WORK REQUEST | Go over these records and count the lines with the string "else" in them; the count is all that should be returned.

Start of Block

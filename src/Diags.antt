-- ===== src/Diags.antt =====
-- The messages: sw/spyvspy/diags.h and diags.c. What a function prints is the list of its characters; of
-- `vprintf` only the formats for two and four hexadecimal digits are modelled.
use yamashnik.Prelude.{
  ℕ, zero, suc, ◌+◌, ◌-◌, ◌*◌, ◌/◌, ◌%◌, [], ◌∷◌, ◌++◌, Bytes, leb, ltb, ◌==◌, ◌&&◌, if◌then◌else◌,
  get_or, replicate, Run, exited,
}

-- `LOGLEVEL`
pub data LogLevel : Type 0 where
  log_zero log_info log_verbose log_morbose : LogLevel

abbrev level_number : LogLevel → ℕ
level_number log_zero = 0
level_number log_info = 1
level_number log_verbose = 4
level_number log_morbose = 5

-- `log`, given the global `LogLevel`
unfoldable pub log : LogLevel → LogLevel → Bytes → Bytes
log level threshold text = if leb (level_number threshold) (level_number level) then text else []

-- `info`
unfoldable pub info : LogLevel → Bytes → Bytes
unfolding log
info level text = log level log_info text

unfoldable pub eggog : Bytes → Run Bytes
eggog text = exited

abbrev pub hex_digit : ℕ → ℕ
hex_digit n = if ltb n 10 then b'0' + n else b'a' + (n - 10)

-- `%02x` of a byte
abbrev pub hex2 : ℕ → Bytes
hex2 n = hex_digit (n / 16 % 16) ∷ hex_digit (n % 16) ∷ []

-- `%.4x` and `%04x` of a number below 2^16
abbrev pub hex4 : ℕ → Bytes
hex4 n = hex2 (n / 256) ++ hex2 (n % 256)

-- The first loop of `dumpline`, from `i` on with `n` bytes to go
hex_part : Bytes → ℕ → ℕ → ℕ → Bytes
hex_part bytes ofs i zero = []
hex_part bytes ofs i (suc n) =
    hex2 (get_or bytes (ofs + i) 0)
    ++ ((if i == 7 then b'-' else b' ') ∷ hex_part bytes ofs (suc i) n)

abbrev shown : ℕ → ℕ
shown b = if leb 32 b && ltb b 128 then b else b'.'

-- The last loop of `dumpline`
text_part : Bytes → ℕ → ℕ → ℕ → Bytes
text_part bytes ofs i zero = []
text_part bytes ofs i (suc n) = shown (get_or bytes (ofs + i) 0) ∷ text_part bytes ofs (suc i) n

-- `dumpline`
unfoldable pub dumpline : Bytes → ℕ → ℕ → Bytes
unfolding hex_part text_part
dumpline bytes ofs length =
    hex4 ofs
    ++ (b' '
        ∷ b' '
        ∷ (hex_part bytes ofs 0 length
            ++ (replicate (3 * (16 - length)) b' '
                ++ (b' ' ∷ (text_part bytes ofs 0 length ++ 10 ∷ [])))))

-- The loop of `dump`, from an offset on
dump_lines : Bytes → ℕ → ℕ → Bytes
dump_lines bytes ofs zero = []
dump_lines bytes ofs (suc n) = dumpline bytes ofs 16 ++ dump_lines bytes (ofs + 16) n

-- `dump`
unfoldable pub dump : Bytes → ℕ → Bytes
unfolding dump_lines
dump bytes length =
    dump_lines bytes 0 (length / 16) ++ dumpline bytes (length / 16 * 16) (length % 16)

End of Block

SOLUTION TO THIS TASK | 5